Before reaching the conclusion that the appellant’s symptom complex did not relate to the subject injury, the MA carefully considered the progress notes of the appellant’s treating doctors at the Cowra Medical Centre between the time of the work injury and at the time her cessation of work in 2020. The MA recorded that after a consultation with Dr Chan on 11 May 2015, four days after the injury, there was no further complaint of headache to a doctor at the practice until 16 September 2015 when the appellant complained of pain in her shoulder blades, neck “for a few days” and back of the head “for a week” which Dr Gay diagnosed as “Traps tightness” and for which she prescribed anti-inflammatory medication.
Then, on 23 September 2015 the appellant complained to Dr Gay that she was still getting trapezius pain, headaches over her occipital area, and dizziness, which lasted for a few seconds and when moving her head quickly.
Given the history recorded by Dr Gay of symptoms “for a week”, it is difficult to relate these complaints to the injury. Thereafter, as the MA recorded, there are no further complaints of neck pain and headaches until 5 November 2018, more than three years after the injury. In the interval, the appellant consulted with doctors at the practice on many occasions. Relevantly, on 4 June 2018, Dr Greenwell recorded that the appellant:
“Feels very well”
On 27 June 2018, in the context of cholesterol and her family cardiac history, Dr Greenwell recorded that the appellant:
“Has an exercise bike she uses and she walks”.
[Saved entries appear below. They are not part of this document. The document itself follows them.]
-- ===== src/Net/Receive.antt =====
-- The packet that is received in source/net.c: `ip_recv_process`, `net_recv`, and the reset of the
-- tables in `net_init`.
pub mod Bounds
use nano_s.Prelude.{
  ℕ, ◌+◌, ◌*◌, ◌-◌, ◌&&◌, List, ◌++◌, ◌==◌, ltb, if◌then◌else◌, ◌/◌, ◌%◌, get_or, take, drop,
  length, min, [], u16, sub16,
}
use nano_s.Net.State.{ArpInfo, Net}
use nano_s.Net.Checksum.{bswap_16}
use nano_s.Net.Arp.{word_at}

abbrev pub udp : ℕ
udp = 17

abbrev pub proto_port : ℕ
proto_port = 8086

abbrev pub rcv_buff_size : ℕ
rcv_buff_size = 256

-- `memcpy` of `size` bytes to the start of a buffer.
abbrev pub store_front : List ℕ → List ℕ → ℕ → List ℕ
store_front bytes buffer size = take size bytes ++ drop (length (take size bytes)) buffer

unfoldable pub with_packet : Net → List ℕ → ℕ → List ℕ → ℕ → Net
with_packet net buff size addr port = record {
  local_mac = net.local_mac;
  local_ip = net.local_ip;
  local_gate = net.local_gate;
  local_net = net.local_net;
  arp_table = net.arp_table;
  rcv_buff = buff;
  rcv_addr = addr;
  rcv_port = port;
  rcv_size = size;
}

-- How many bytes of a UDP packet are stored: the subtraction is in `uint`.
unfoldable pub payload_size : List ℕ → ℕ
payload_size udp_packet = min (sub16 (bswap_16 (word_at udp_packet 4)) 8) rcv_buff_size

-- `buff` is the IP packet with what stands behind it in memory.
unfoldable pub ip_recv_process : Net → List ℕ → Net
ip_recv_process net buff =
    let packet = drop 20 buff in
    let size = payload_size packet in
    if ltb 0 net.rcv_size
    then net
    else if (get_or buff 9 0 == udp) && (bswap_16 (word_at packet 2) == proto_port)
    then with_packet net (store_front (drop 8 packet) net.rcv_buff size) size
        (take 4 (drop 12 buff)) (bswap_16 (word_at packet 0))
    else net

-- What is returned, the address and the bytes that are stored for the caller, and the globals. The
-- pending requests of the card have been handled before.
unfoldable pub net_recv : Net → ℕ → ℕ × List ℕ × List ℕ × Net
net_recv net buff_size =
    let ret = min net.rcv_size buff_size in
    if ltb 0 net.rcv_size
    then (
      ret,
      net.rcv_addr,
      take ret net.rcv_buff,
      with_packet net net.rcv_buff 0 net.rcv_addr net.rcv_port,
    )
    else (0, [], [], net)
On 5 November 2018, Dr Greenwell recorded that the appellant was having headaches “with pain going up back of the neck”. She diagnosed these as tension headaches.
As the MA recorded, the appellant’s symptom complex has “evolved” since that time. At his examination, the appellant complained of dizziness most of the time, a feeling of being off balance, a constant ringing in both ears, and intermittent blurring of vision. Again, it is difficult to relate these symptoms to the injury given the absence of recorded complaint over a long period following 7 May 2015. It is true that the appellant’s statement evidence suggests some continuity of symptomology but it not easy to reconcile that evidence with the medical record. The clinical notes of 4 June 2018 and 27 June 2018 and the absence of recorded complaint over a very long period are inconsistent with the existence or progression of a significant neurological condition during this period.
While the reports of Dr Blackwood and Dr O’Sullivan offer some support for a bilateral disorder of the vestibulocochlear nerves, it does not assist the appellant in demonstrating that the disorder, which may have many causes (for instance bilateral vestibular neuritis), results from the injury. The MA’s opinion that the appellant’s complaints did not result from the injury was based on a thorough assessment of her clinical record. No other medical practitioner in the case considered this history. The panel agrees with the MA’s conclusion.
It is difficult to relate the applicant’s symptomatology to the injury. Bearing in mind the long period between injury and assessment, the panel considered that where it is in conflict with the appellant’s evidence the clinical record should be preferred. Assuming the applicant suffered a vestibular injury at the time of her fall, it cannot explain her more recent symptom complex. It is unlikely that a neurological condition
In those circumstances, the panel concludes that the fresh evidence does not alter the outcome of the original assessment. It is probably only of theoretical interest whether or not the fresh evidence is admitted or rejected given that it cannot alter the outcome of the original assessment. In either case, the appeal fails. The appellant has not proven that her symptoms result from injury.
For these reasons, the appeal panel has determined that the MAC issued 29 March 2021 should be confirmed.